Both sisters married and living with their husbands… was it the prospect of being alone with his parents that made the original Lian Zhidiao so desperate to leave?
Keeping his tone light, Lian Zhidiao let out a small sigh. “Where are my clothes?”
Tension entered Sui Zhong’s voice. “Does the young master anticipate going somewhere?”
That note of caution caught Lian Zhidiao’s ear. It likely meant that even if Sui Zhong was his manservant, anything out of the ordinary would be reported to Lian Angua. He had to be nonchalant.
“No. While traveling, I have forgotten much of what I had,” he said. “I should like to get reacquainted with it.”
This seemed to put Sui Zhong at his ease. He nodded and then disappeared outside for a few minutes. Upon reappearing, he was surrounded by a small number of servants, more modestly attired than he was. Once they were all assembled, Sui Zhong directed them to bring out selections of Lian Zhidiao’s clothing.
There were dozens of black robes, as might be expected. But rather than the sturdy luxury of the Yue sect robes, the ones that had lain waiting for their master to return were very much the Wa aesthetic: translucent to sheer, embroidered with various motifs in black, silver, or gold, with occasional touches of color from a bead. Worn together, the motifs would send a direct communication to those who knew how to read it. Lian Zhidiao supposed it was no different from knowing what a specific flower or two animals together on a silk painting meant.

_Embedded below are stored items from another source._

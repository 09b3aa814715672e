-- ===== src/Rtl/Unit/Access.antt =====
-- Reads and writes of the arrays of a unit. The passes read at indices that the unit holds, which the
-- encoders and the flow graph see to, so the blank elements are never seen.
use libbinrec.Common.{ℕ, ◌/◌, ◌%◌, ◌^◌, ◌==◌, Bool, false, [], ◌∷◌, get_or, modify, pos, negsuc}
use libbinrec.Word.{signed}
use libbinrec.Rtl.Opcode.{DataType, Opcode, RegType, opcode_num}
use libbinrec.Rtl.Unit.{Result, Memory, Register, Insn, Alias, BasicBlock, RtlUnit}

abbrev pub blank_insn : Insn
blank_insn = record {
  opcode = Opcode.nop;
  dest = 0;
  src1 = 0;
  src2 = 0;
  src3 = 0;
  start = 0;
  count = 0;
  fcmp = 0;
  offset = pos 0;
  alias = 0;
  arg_index = 0;
  elem = 0;
  label = 0;
  src_imm = 0;
}

abbrev pub blank_result : Result
blank_result = record {
  opcode = Opcode.nop;
  is_imm = false;
  src1 = 0;
  src2 = 0;
  src3 = 0;
  start = 0;
  count = 0;
  elem = 0;
  fcmp = 0;
  src_imm = 0;
}

abbrev pub blank_memory : Memory
blank_memory = record { base = 0; offset = pos 0; byterev = false; size = 0; is_signed = false }

abbrev pub blank_register : Register
blank_register = record {
  type = DataType.int32;
  source = RegType.undefined;
  unique_pointer = 0;
  unspillable = false;
  live = false;
  birth = 0;
  death = 0;
  value = 0;
  arg_index = 0;
  memory = blank_memory;
  alias_src = 0;
  result = blank_result;
}

abbrev pub blank_alias : Alias
blank_alias = record { type = DataType.int32; base = 0; offset = pos 0 }

abbrev pub blank_block : BasicBlock
blank_block = record {
  first_insn = pos 0;
  last_insn = negsuc 0;
  min_death = 0;
  max_live_reg = 0;
  next_block = negsuc 0;
  prev_block = negsuc 0;
  entries = [];
  entry_overflow = negsuc 0;
  exits = negsuc 0 ∷ negsuc 0 ∷ [];
}

abbrev pub insn_at : RtlUnit → ℕ → Insn
insn_at u i = get_or u.insns i blank_insn

abbrev pub reg_at : RtlUnit → ℕ → Register
reg_at u r = get_or u.regs r blank_register

abbrev pub alias_base : RtlUnit → ℕ → ℕ
alias_base u a = (get_or u.aliases a blank_alias).base

abbrev pub block_at : RtlUnit → ℕ → BasicBlock
block_at u b = get_or u.blocks b blank_block

abbrev pub update_insn : RtlUnit → ℕ → (Insn → Insn) → RtlUnit
update_insn u i f = record u { insns = modify u.insns i f }

abbrev pub update_reg : RtlUnit → ℕ → (Register → Register) → RtlUnit
update_reg u r f = record u { regs = modify u.regs r f }

-- A write of `src_imm`, which overlaps the fields from `src3` to `label` (on a little-endian machine
-- with its low bits).
unfoldable pub set_src_imm : ℕ → Insn → Insn
set_src_imm v insn = record insn {
  src_imm = v;
  src3 = v % 2 ^ 16;
  start = v % 2 ^ 8;
  count = v / 2 ^ 8 % 2 ^ 8;
  fcmp = v % 2 ^ 8;
  offset = signed 16 v;
  alias = v % 2 ^ 16;
  arg_index = v % 2 ^ 8;
  elem = v % 2 ^ 8;
  label = v % 2 ^ 16;
}

-- `a == b`
abbrev pub same_opcode : Opcode → Opcode → Bool
same_opcode a b = opcode_num a == opcode_num b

Up until now, he’d been able to skate by on his patchy knowledge of his own world. But to live in the Wa sect, he was going to have to learn how to actually read these signs, or risk making missteps that could cost him support.
So today… He walked past the robes as his servants displayed them, pulling them out to look at the motifs.

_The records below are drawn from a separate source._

-- ===== src/Rtl/Builder.antt =====
-- src/rtl.c: rtl_create_unit(), rtl_clear_unit() and the allocation and attributes of registers, alias
-- registers and labels. `memory` tells whether an allocation succeeds, and `slot` is what the array
-- holds at the new element: zero, or -1 for a label, unless rtl_clear_unit() left something there.
pub mod Add
pub mod Finish
pub mod Edges
pub mod Finalize
pub mod Optimize
pub mod Sound
pub mod Append
pub mod Effect
pub mod Third
pub mod Split
pub mod Encoders
pub mod Insns
pub mod Alike
pub mod Ready
pub mod Allocate
pub mod History
pub mod Verify
pub mod Limit
pub mod Clear
use libbinrec.Common.{
  ℕ, ◌+◌, ◌-◌, ◌==◌, ltb, leb, not, ◌&&◌, ◌||◌, Bool, true, false, if◌then◌else◌, List, [], ◌∷◌,
  ◌++◌, length, modify, Option, some, none, ℤ, pos, negsuc,
}
use libbinrec.Word.{signed}
use libbinrec.Rtl.Opcode.{DataType, RegType, type_num, is_undefined}
use libbinrec.Rtl.Unit.{Register, Alias, RtlUnit}
use libbinrec.Rtl.Unit.Access.{blank_register, blank_alias, reg_at, update_reg}

abbrev pub insns_expand_size : ℕ
insns_expand_size = 1000

abbrev pub regs_expand_size : ℕ
regs_expand_size = 1000

abbrev pub aliases_expand_size : ℕ
aliases_expand_size = 100

abbrev pub labels_expand_size : ℕ
labels_expand_size = 100

-- REGS_LIMIT, ALIASES_LIMIT and LABELS_LIMIT
abbrev pub limit : ℕ
limit = 65535

-- Register 0, alias 0 and label 0 are never handed out. The allocations succeed.
abbrev pub rtl_create_unit : RtlUnit
rtl_create_unit = record {
  insns = [];
  insns_size = insns_expand_size;
  blocks = [];
  blocks_size = 100;
  have_block = false;
  cur_block = 0;
  last_block = negsuc 0;
  label_blockmap = negsuc 0 ∷ [];
  labels_size = labels_expand_size;
  regs = blank_register ∷ [];
  regs_size = regs_expand_size;
  first_live_reg = 0;
  last_live_reg = 0;
  membase_reg = 0;
  aliases = blank_alias ∷ [];
  aliases_size = regs_expand_size;
  error = false;
  finalized = false;
  block_seen = [];
}

-- The first element of an array, which is all that stays in use.
abbrev pub first {ℓ} : {A : Type ℓ} → List A → List A
first [] = []
first (x ∷ xs) = x ∷ []

unfoldable pub rtl_clear_unit : RtlUnit → RtlUnit
rtl_clear_unit u = record u {
  insns = [];
  blocks = [];
  have_block = false;
  cur_block = 0;
  regs = first u.regs;
  first_live_reg = 0;
  last_live_reg = 0;
  aliases = first u.aliases;
  label_blockmap = first u.label_blockmap;
  error = false;
  finalized = false;
}

-- The array size with which element number `used` can be added, if there may be one.
unfoldable pub grown : Bool → ℕ → ℕ → ℕ → Option ℕ
grown memory expand used size =
    let new_size : ℕ = if ltb (limit - expand) size then limit else used + expand in
    if leb size used
    then (if leb limit size then none else if memory then some new_size else none)
    else some size

-- rtl_alloc_register() after its assertions.
unfoldable pub add_register : Bool → Register → RtlUnit → DataType → ℕ × RtlUnit
add_register memory slot u type = elim (grown memory regs_expand_size (length u.regs) u.regs_size) [
  | none ↦ (0, record u { error = true })
  | some size ↦ (
    length u.regs,
    record u { regs = u.regs ++ record slot { type = type } ∷ []; regs_size = size },
  )
]

-- `none` where ASSERT(!unit->finalized) is violated.
unfoldable pub rtl_alloc_register : Bool → Register → RtlUnit → DataType → Option (ℕ × RtlUnit)
rtl_alloc_register memory slot u type =
    if u.finalized then none else some (add_register memory slot u type)

unfoldable pub rtl_alloc_alias_register : Bool → Alias → RtlUnit → DataType → ℕ × RtlUnit
rtl_alloc_alias_register memory slot u type =
    elim (grown memory aliases_expand_size (length u.aliases) u.aliases_size) [
      | none ↦ (0, record u { error = true })
      | some size ↦ (
        length u.aliases,
        record u { aliases = u.aliases ++ record slot { type = type } ∷ []; aliases_size = size },
      )
    ]

unfoldable pub rtl_alloc_label : Bool → ℤ → RtlUnit → ℕ × RtlUnit
rtl_alloc_label memory slot u =
    elim (grown memory labels_expand_size (length u.label_blockmap) u.labels_size) [
      | none ↦ (0, record u { error = true })
      | some size ↦ (
        length u.label_blockmap,
        record u { label_blockmap = u.label_blockmap ++ slot ∷ []; labels_size = size },
      )
    ]

-- A register that the unit does not have.
abbrev pub is_invalid : RtlUnit → ℕ → Bool
is_invalid u reg = reg == 0 || leb (length u.regs) reg

abbrev pub nofold : RegType → RegType
nofold RegType.constant = RegType.constant_nofold
nofold RegType.result = RegType.result_nofold
nofold source = source

abbrev pub set_nofold : Register → Register
set_nofold reg = record reg { source = nofold reg.source }

unfoldable pub rtl_make_unfoldable : RtlUnit → ℕ → RtlUnit
rtl_make_unfoldable u reg = if is_invalid u reg then u else update_reg u reg set_nofold

abbrev pub set_unspillable : Register → Register
set_unspillable reg = record reg { unspillable = true }

unfoldable pub rtl_make_unspillable : RtlUnit → ℕ → RtlUnit
rtl_make_unspillable u reg = if is_invalid u reg then u else update_reg u reg set_unspillable

abbrev pub is_address : RtlUnit → ℕ → Bool
is_address u reg = type_num (reg_at u reg).type == type_num DataType.address

unfoldable pub rtl_make_unique_pointer : RtlUnit → ℕ → RtlUnit
rtl_make_unique_pointer u reg =
    if is_invalid u reg || not (is_address u reg)
    then u
    else update_reg u reg (λ r. record r { unique_pointer = reg })

-- `offset` is an int16_t.
unfoldable pub rtl_set_alias_storage : RtlUnit → ℕ → ℕ → ℤ → RtlUnit
rtl_set_alias_storage u alias base offset =
    if alias == 0 || leb (length u.aliases) alias || is_invalid u base || not (is_address u base)
    then u
    else record (update_reg u base set_unspillable) {
      aliases = modify u.aliases alias (λ a. record a { base = base; offset = offset });
    }

unfoldable pub rtl_set_membase_pointer : RtlUnit → ℕ → RtlUnit
rtl_set_membase_pointer u reg =
    if is_invalid u reg || not (is_address u reg) || is_undefined (reg_at u reg).source
    then u
    else record (update_reg u reg set_nofold) { membase_reg = reg }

A pair of ducks with lotus flower and fruit, which mated for life, could represent marriage. But then there was also the other meaning of a duck. Perhaps that interpretation was possible in this world, perhaps not, but he couldn’t risk it being misinterpreted. He glanced at his servants, ending his gaze on Sui Zhong. They would report this to his father, and for Lian Zhidiao’s sake, they needed to say the right thing.
He indicated with his hand. “The pair of cranes, the two carp, and that one, with the lotus.”
The lotus he would wear closest to his skin, a member of the Lian family at his core. The pair of cranes which mated for life, for marriage. The carp for strength, for filial piety, for a wish. It would read like an act of sincere contrition.
“And these robes?” Sui Zhong said, motioning to the ones he was wearing.
The ones Yue Fengjian had had made for him. Yue Fengjian’s smile under the golden willow still warmed him from the inside out. These robes were what Yue Fengjian wanted to see him in. No one here knew where they came from, or what they meant. They would simply be unfashionable, close-mouthed about his desires or ambitions. “Launder them and return them to me.”
Sui Zhong nodded.
He untied the silk cord for his spindle and set it aside, as well as the storage ring. His servants glanced at each other.
“If the young master wishes, we will undress him.”
“I do not wish it,” Lian Zhidiao said, loosening his sash. “I have gotten accustomed to doing some things myself.”
Doubtless this would be reported to his father as an example of changed behavior, but the thought of being undressed by multiple people he didn’t know made him feel unsettled. Hardly the appropriate attitude of a young nobleman.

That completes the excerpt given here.